Prompt
Please take the lines from the one holding "if is_xdigit (char_at xs 2)" through the one holding "let q = (peek_char" in the data below and copy them exactly.

··· Dataset excerpts

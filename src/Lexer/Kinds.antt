-- ===== src/Lexer/Kinds.antt =====
-- What `lexer_token_get` makes of the character that a token starts with.
use htools.Prelude.{
  ℕ, ◌≤◌, ◌<◌, false, ◌==◌, if◌then◌else◌, ◌||◌, ◌≡◌, inl, inr, refl, sym, ap, ◌∙◌, arith, List, [],
  ◌∷◌, take, drop, Returns, Returns-bind, Bool-cases, ==_iff,
}
use mathlib.Core.Path.{subst}
use htools.Lexer.Ops.{no_error, invalid_hex, Lexer, peek_char}
use htools.Lexer.Ring.{IsReader, buffered, Holds}
use htools.Lexer.Walk.{Walked}
use htools.Lexer.Token.{
  hex_token, error_token, is_xdigit, is_alpha, step_over, scan_loop, literal_token_, hex_token_,
  token_at,
}
use htools.Lexer.See.{IsAscii, shown, char_at, At, Sees, see}
use htools.Lexer.Scan.{run, passes-pos, scan_loop-Scans}
use htools.Lexer.Lexed.{refused, literal_end, lexed, lexed_plain, lexed_literal}
use htools.Lexer.Branches.{IsLexed, xdigit-IsClass, Walked-from, ends-IsLexed, ends}
use htools.Lexer.Branches.{word_token-IsLexed, number_or_symbol-IsLexed}
use htools.Lexer.Literal.{error-Walked, over_two-Walked, literal_token_-IsLexed}

-- Literals end inside the buffer.
abbrev pub IsShort : List ℕ → Type 0
IsShort xs = literal_end xs < 256

hex-Walked :
    {S : Type 0} (rest : S → List ℕ) (xs : List ℕ) (q : Lexer S)
    → char_at xs 0 ≡ 48
    → char_at xs 1 ≡ 120
    → Holds S rest xs q
    → 2 ≤ buffered q
    → Walked S rest (take 2 xs) (drop 2 xs) q (step_over 2 q)
hex-Walked rest [] q e f h two = absurd (omega arith)
hex-Walked rest (b ∷ []) q e f h two = absurd (omega arith)
hex-Walked rest (b ∷ c ∷ xs) q e f h two =
    over_two-Walked rest b c xs q (ap (λ (v : ℕ). v == 10) e) (ap (λ (v : ℕ). v == 10) f) h two

quote-IsLexed :
    {S : Type 0} (callback : S → ℕ → List ℕ × S) (junk : ℕ → ℕ) (rest : S → List ℕ)
    (reader : IsReader S callback rest) (xs : List ℕ) (ascii : IsAscii xs) (l r : Lexer S)
    → l.error ≡ no_error
    → At S rest xs l r 1
    → char_at xs 0 ≡ 34
    → IsShort (drop 1 xs)
    → Returns (literal_token_ callback junk r) (IsLexed rest xs l (lexed_literal (drop 1 xs)))
quote-IsLexed callback junk rest reader [] ascii l r clear a e short = absurd (omega arith)
quote-IsLexed {S} callback junk rest reader (b ∷ xs) ascii l r clear a e short =
    subst
      (λ c.
        IsAscii (c ∷ xs)
        → At S rest (c ∷ xs) l r 1
        → Returns (literal_token_ callback junk r) (IsLexed rest (c ∷ xs) l (lexed_literal xs)))
      (sym e)
      (λ ascii a. literal_token_-IsLexed callback junk rest reader xs ascii l clear r a short) ascii
      a

module _ {S : Type 0} (callback : S → ℕ → List ℕ × S) (junk : ℕ → ℕ) (rest : S → List ℕ)
    (reader : IsReader S callback rest) (xs : List ℕ) (ascii : IsAscii xs) (l : Lexer S)
    (clear : l.error ≡ no_error) where
  hex_token_-IsLexed :
      (r : Lexer S)
      → At S rest xs l r 2
      → char_at xs 0 ≡ 48
      → char_at xs 1 ≡ 120
      → Returns (hex_token_ callback junk r) (
          IsLexed rest xs l (
            if is_xdigit (char_at xs 2)
            then lexed_plain hex_token (run is_xdigit xs 3) xs
            else refused error_token 2 invalid_hex))
  unfolding hex_token_
  hex_token_-IsLexed r a e f =
      let v = (peek_char callback junk r 2).1 in
      let q = (peek_char callback junk r 2).0 in
      let same = xdigit-IsClass.same v ∙ ap is_xdigit s.value in
      elim (Bool-cases (is_xdigit (char_at xs 2))) [
        | inl hex ↦
            rw (same ∙ hex, hex)
              (Returns-bind _ _ (scan_loop callback junk 257 is_xdigit q 3)
                (λ p. ends callback junk rest reader xs ascii l clear hex_token p.0 p.1)
                (scan_loop-Scans callback junk rest reader xs ascii l is_xdigit xdigit-IsClass 257 q
                  3 (omega arith) (s.next (passes-pos is_xdigit _ refl hex)))
                (λ p h.
                  ends-IsLexed callback junk rest reader xs ascii l clear hex_token p.0 p.1 p.1 _
                    h.1 h.0))
        | inr other ↦
            rw (same ∙ other, other)
              (record {
                token = refl;
                returned = refl;
                walked =
                    error-Walked rest _ _ l (step_over 2 q) invalid_hex
                      (Walked-from rest _ _ xs l q (step_over 2 q) 2 s.at two);
              })
      ]
    where
      s : Sees S rest xs l 2 (peek_char callback junk r 2)
      s = see callback junk rest reader xs ascii l r 2 a

      two :
          Walked S rest
            (take 2 xs)
            (drop 2 xs)
            (peek_char callback junk r 2).0
            (step_over 2 (peek_char callback junk r 2).0)
      two = hex-Walked rest xs _ e f s.at.holds s.at.near

  pub token_at-IsLexed :
      (r : Lexer S)
      → At S rest xs l r 1
      → 0 < char_at xs 0
      → (char_at xs 0 ≡ 34 → IsShort (drop 1 xs))
      → Returns (token_at callback junk r (char_at xs 0)) (IsLexed rest xs l (lexed xs))
  unfolding token_at lexed
  token_at-IsLexed r a pos short =
      let c = char_at xs 0 in
      let there : (c == 0) ≡ false = ground arith in
      let s = see callback junk rest reader xs ascii l r 1 a in
      let same = hex_mark (peek_char callback junk r 1).1 ∙ ap (λ (v : ℕ). v == 120) s.value in
      elim (Bool-cases (c == 95 || is_alpha c)) [
        | inl word ↦
            rw (there, word) (word_token-IsLexed callback junk rest reader xs ascii l clear r a)
        | inr not_word ↦ elim (Bool-cases (c == 34)) [
          | inl quote ↦
              let it : c ≡ 34 = (==_iff c 34).0 quote in
              rw (there, not_word, quote)
                (quote-IsLexed callback junk rest reader xs ascii l r clear a it (short it))
          | inr not_quote ↦ elim (Bool-cases (c == 48)) [
            | inl nought ↦ elim (Bool-cases (char_at xs 1 == 120)) [
              | inl x ↦
                  let e : c ≡ 48 = (==_iff c 48).0 nought in
                  let f : char_at xs 1 ≡ 120 = (==_iff (char_at xs 1) 120).0 x in
                  rw (there, not_word, not_quote, nought, same ∙ x, x)
                    (hex_token_-IsLexed (peek_char callback junk r 1).0 (s.next (omega arith)) e f)
              | inr no_x ↦
                  rw (there, not_word, not_quote, nought, same ∙ no_x, no_x)
                    (number_or_symbol-IsLexed callback junk rest reader xs ascii l clear
                      (peek_char callback junk r 1).0 s.at)
            ]
            | inr other ↦
                rw (there, not_word, not_quote, other)
                  (number_or_symbol-IsLexed callback junk rest reader xs ascii l clear r a)
          ]
        ]
      ]
    where
      hex_mark : (v : ℕ) → (v == 120) ≡ (shown v == 120)
      hex_mark v = ground arith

······

Solved problem
            if is_xdigit (char_at xs 2)
            then lexed_plain hex_token (run is_xdigit xs 3) xs
            else refused error_token 2 invalid_hex))
  unfolding hex_token_
  hex_token_-IsLexed r a e f =
      let v = (peek_char callback junk r 2).1 in
      let q = (peek_char callback junk r 2).0 in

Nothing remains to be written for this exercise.